- [Recorded data]

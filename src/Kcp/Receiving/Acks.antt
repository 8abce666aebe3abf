-- ===== src/Kcp/Receiving/Acks.antt =====
-- What the receiving worker acknowledges: whatever holds of the numbers that it notes holds of the
-- numbers that its acknowledgements carry.
use gzv2ray_v.Kcp.Go.{sub_u32}
use gzv2ray_v.Kcp.Segment.{DataSegment, AckSegment}
use gzv2ray_v.Prelude.{
  ℕ, suc, true, inl, inr, refl, arith, [], Bool-cases, ◌∷◌, List, All, length-append, ltb,
  All-append, length, All-split, ◌≡◌, leb, ap, Bool, map, All-take, ◌∙◌, sym, take,
}
use gzv2ray_v.Kcp.AckList
use gzv2ray_v.Kcp.AckList.{AckList, clear, add}
use gzv2ray_v.Kcp.AckList.Clear.{IsAligned, keep_from, clear-IsCleared, of_numbers, column}
use gzv2ray_v.Kcp.AckList.Flush.{due, waiting, rescheduled, all_numbers, flush-IsFlushed}
use gzv2ray_v.Kcp.Receiving
use gzv2ray_v.Kcp.Receiving.{
  ReceivingWorker, process_sending_next, process_segment, DataSegment, AckSegment, sub_u32, stamp,
}

length-rescheduled :
    (current timeout : ℕ) (fs : List ℕ) → length (rescheduled current timeout fs) ≡ length fs
unfolding rescheduled
length-rescheduled current timeout [] = refl
length-rescheduled current timeout (f ∷ fs) = ap suc (length-rescheduled current timeout fs)

number_list-stamp :
    (w : ReceivingWorker) (conv : ℕ) (closing : Bool) (a : AckSegment)
    → ((stamp w conv closing a).number_list ≡ a.number_list)
      × ((stamp w conv closing a).receiving_next ≡ w.next_number)
unfolding stamp
number_list-stamp w conv closing a = (refl, refl)

module _ {κ} (Q : ℕ → Type κ) where
  All-keep_from : (una : ℕ) (ns xs : List ℕ) → All Q xs → All Q (keep_from una ns xs)
  unfolding keep_from
  All-keep_from una [] xs h = tt
  All-keep_from una (n ∷ ns) [] h = tt
  All-keep_from una (n ∷ ns) (x ∷ xs) h = elim (Bool-cases (ltb n una)) [
    | inl e ↦ rw e (All-keep_from una ns xs h.1)
    | inr e ↦ rw e (h.0, All-keep_from una ns xs h.1)
  ]

  All-due : (current : ℕ) (ns fs : List ℕ) → All Q ns → All Q (due current ns fs)
  unfolding due
  All-due current [] fs h = tt
  All-due current (n ∷ ns) [] h = tt
  All-due current (n ∷ ns) (f ∷ fs) h = elim (Bool-cases (ltb current f)) [
    | inl e ↦ rw e (All-due current ns fs h.1)
    | inr e ↦ rw e (h.0, All-due current ns fs h.1)
  ]

  All-waiting : (current : ℕ) (ns fs : List ℕ) → All Q ns → All Q (waiting current ns fs)
  unfolding waiting
  All-waiting current [] fs h = tt
  All-waiting current (n ∷ ns) [] h = tt
  All-waiting current (n ∷ ns) (f ∷ fs) h = elim (Bool-cases (ltb current f)) [
    | inl e ↦ rw e (h.0, All-waiting current ns fs h.1)
    | inr e ↦ rw e (All-waiting current ns fs h.1)
  ]

  -- Of every number that a row of segments carries.
  All-number_lists :
      (segs : List AckSegment) → All Q (all_numbers segs) → All (λ a. All Q a.number_list) segs
  unfolding all_numbers
  All-number_lists [] h = tt
  All-number_lists (a ∷ segs) h =
      let (x, y) = All-split Q a.number_list (all_numbers segs) h in (x, All-number_lists segs y)

  -- The slices are aligned, and `Q` holds of the numbers noted.
  pub record Notes (l : AckList) : Type κ where
    pub aligned : IsAligned l
    pub numbers : All Q l.numbers

  clear-Notes : (l : AckList) (una : ℕ) → Notes l → Notes (clear l una)
  unfolding column
  clear-Notes l una h =
      let c = clear-IsCleared l una h.aligned in
      record {
        aligned = c.aligned;
        numbers = rw (c.entries of_numbers) (All-keep_from una l.numbers l.numbers h.numbers);
      }

  add-Notes :
      (l : AckList) (number timestamp : ℕ) → Q number → Notes l → Notes (add l number timestamp)
  unfolding add
  add-Notes l number timestamp q h = record {
    aligned = record {
      timestamps = omega (
        arith,
        length-append l.timestamps (timestamp ∷ []),
        length-append l.numbers (number ∷ []),
        h.aligned.timestamps,
      );
      next_flush = omega (
        arith,
        length-append l.next_flush (0 ∷ []),
        length-append l.numbers (number ∷ []),
        h.aligned.next_flush,
      );
    };
    numbers = All-append Q l.numbers (number ∷ []) h.numbers (q, tt);
  }

  pub process_sending_next-Notes :
      (w : ReceivingWorker) (number : ℕ)
      → Notes w.acklist
      → Notes (process_sending_next w number).acklist
  unfolding process_sending_next
  process_sending_next-Notes w number h = clear-Notes w.acklist number h

  pub process_segment-Notes :
      (w : ReceivingWorker) (seg : DataSegment)
      → (ltb (sub_u32 seg.number w.next_number) w.window_size ≡ true → Q seg.number)
      → Notes w.acklist
      → Notes (process_segment w seg).acklist
  unfolding process_segment
  process_segment-Notes w seg q h =
      elim (Bool-cases (leb w.window_size (sub_u32 seg.number w.next_number))) [
        | inl outside ↦ rw outside h
        | inr inside ↦ rw inside (
            add-Notes (clear w.acklist seg.sending_next) seg.number seg.timestamp (q (ground arith))
              (clear-Notes w.acklist seg.sending_next h))
      ]

  All-stamp :
      (w : ReceivingWorker) (conv : ℕ) (closing : Bool) (segs : List AckSegment)
      → All (λ a. All Q a.number_list) segs
      → All
          (λ a. All Q a.number_list × (a.receiving_next ≡ w.next_number))
          (map (stamp w conv closing) segs)
  All-stamp w conv closing [] h = tt
  All-stamp w conv closing (a ∷ segs) h =
      let (same, next) = number_list-stamp w conv closing a in
      ((rw same h.0, next), All-stamp w conv closing segs h.1)

  -- What a flush acknowledges was noted, under the worker's next number.
  pub flush-Notes :
      (w : ReceivingWorker) (current rto conv : ℕ) (closing : Bool)
      → Notes w.acklist
      → let (w', segs) = Receiving.flush w current rto conv closing in
        Notes w'.acklist × All (λ a. All Q a.number_list × (a.receiving_next ≡ w.next_number)) segs
  unfolding Receiving.flush
  flush-Notes w current rto conv closing h =
      let out = AckList.flush w.acklist current rto in
      let f = flush-IsFlushed w.acklist current rto h.aligned in
      let ns = w.acklist.numbers in
      let fs = w.acklist.next_flush in
      let due_ones = All-due current ns fs h.numbers in
      let others =
        All-take Q f.extra (waiting current ns fs) (All-waiting current ns fs h.numbers) in
      (
        record {
          aligned = record {
            timestamps =
                ap length f.same_timestamps ∙ h.aligned.timestamps ∙ ap length (sym f.same_numbers);
            next_flush =
                ap length f.times
                ∙ length-rescheduled current (AckList.flush_timeout rto) fs
                ∙ h.aligned.next_flush
                ∙ ap length (sym f.same_numbers);
          };
          numbers = rw f.same_numbers h.numbers;
        },
        All-stamp w conv closing out.1 (
            All-number_lists out.1 (
              rw f.numbers (
                All-append Q (due current ns fs) (take f.extra (waiting current ns fs)) due_ones
                  others))),
      )
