-- ===== src/Kcp/Channel/Reliable.antt =====
-- Nothing is lost and nothing is invented between the two ends.
use gzv2ray_v.Kcp.Segment.{AckSegment, DataSegment}
use gzv2ray_v.Kcp.Sending.{SendingWorker}
use gzv2ray_v.Kcp.Receiving.{ReceivingWorker}
use gzv2ray_v.Prelude.{ℕ, false, none, some, arith, List, All, All-imp, ◌≤◌, ◌≡◌, ◌<◌}
use gzv2ray_v.Kcp.Channel.{Channel, ReceivingWorker, SendingWorker, AckSegment, DataSegment}
use gzv2ray_v.Kcp.Sending.Reliable.{IsValid, waits}
use gzv2ray_v.Kcp.Sending.Written.{IsFrom}
use gzv2ray_v.Kcp.Receiving.Received.{IsReceived, IsWithin, Holds}
use gzv2ray_v.Kcp.Receiving.Acks.{Notes}
use gzv2ray_v.Kcp.Receiving.Stream.{InOrder}

-- The sender's half: it holds what the application pushed, and so does all that it wrote.
pub record Sends (sent : ℕ → List ℕ) (w : SendingWorker) (segments : List DataSegment)
    : Type 0 where
  pub valid : IsValid w
  pub is_open : w.closed ≡ false
  pub pushed : (n : ℕ) (b : List ℕ) → waits n w ≡ some b → b ≡ sent n
  pub written : All (IsFrom sent w.next_number) segments

-- The receiver's half, in a stream of `hi` payloads.
pub record Receives (sent : ℕ → List ℕ) (hi : ℕ) (got : List ℕ) (w : ReceivingWorker) : Type 0 where
  pub in_order : InOrder sent w.next_number got w
  pub within : IsWithin hi w
  pub notes : Notes (IsReceived w) w.acklist

-- What an acknowledgement claims of the receiver.
abbrev pub IsTrue : ReceivingWorker → AckSegment → Type 0
IsTrue w a = All (IsReceived w) a.number_list × (a.receiving_next ≤ w.next_number)

-- Both halves, what the wires say of the receiver, and that no payload is lost.
pub record IsReliable (sent : ℕ → List ℕ) (s : Channel) : Type 0 where
  pub sends : Sends sent s.sender s.segments
  pub receives : Receives sent s.sender.next_number s.got s.receiver
  pub acks : All (IsTrue s.receiver) s.acks
  pub unas : All (λ n. n ≤ s.receiver.next_number) s.unas
  pub kept : (n : ℕ) → n < s.sender.next_number → waits n s.sender ≡ none → IsReceived s.receiver n

-- A step of the sender's half that takes out only what has arrived.
pub record SenderStep (sent : ℕ → List ℕ) (s : Channel) (w : SendingWorker)
    (segments : List DataSegment) : Type 0 where
  pub sends : Sends sent w segments
  pub grows : s.sender.next_number ≤ w.next_number
  pub kept : (n : ℕ) → n < w.next_number → waits n w ≡ none → IsReceived s.receiver n

-- A step of the receiver's half.
pub record ReceiverStep (sent : ℕ → List ℕ) (s : Channel) (w : ReceivingWorker) (got : List ℕ)
    : Type 0 where
  pub receives : Receives sent s.sender.next_number got w
  pub holds : Holds s.sender.next_number s.receiver w

module _ (sent : ℕ → List ℕ) (s : Channel) (v : IsReliable sent s) where
  pub sender-IsReliable :
      (w : SendingWorker) (segments : List DataSegment)
      → SenderStep sent s w segments
      → IsReliable sent (record s { sender = w; segments = segments })
  sender-IsReliable w segments t = record {
    sends = t.sends;
    receives = record {
      in_order = v.receives.in_order;
      within = record {
        read_le = omega (arith, v.receives.within.read_le, t.grows);
        held = λ n h. omega (arith, v.receives.within.held n h, t.grows);
      };
      notes = v.receives.notes;
    };
    acks = v.acks;
    unas = v.unas;
    kept = t.kept;
  }

  pub receiver-IsReliable :
      (w : ReceivingWorker) (got : List ℕ)
      → ReceiverStep sent s w got
      → IsReliable sent (record s { receiver = w; got = got })
  receiver-IsReliable w got t = record {
    sends = v.sends;
    receives = t.receives;
    acks =
        All-imp (IsTrue s.receiver) (IsTrue w)
          (λ a h. (
            All-imp (IsReceived s.receiver) (IsReceived w) t.holds.stays a.number_list h.0,
            omega (arith, h.1, t.holds.forward),
          ))
          s.acks v.acks;
    unas =
        All-imp (λ n. n ≤ s.receiver.next_number) (λ n. n ≤ w.next_number)
          (λ n h. omega (arith, h, t.holds.forward)) s.unas v.unas;
    kept = λ n l e. t.holds.stays n (v.kept n l e);
  }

- [Task brief]
From the entries above, copy every line where the word "IsValid" shows up.

- [Exercise solution]
use gzv2ray_v.Kcp.Sending.Reliable.{IsValid, waits}
  pub valid : IsValid w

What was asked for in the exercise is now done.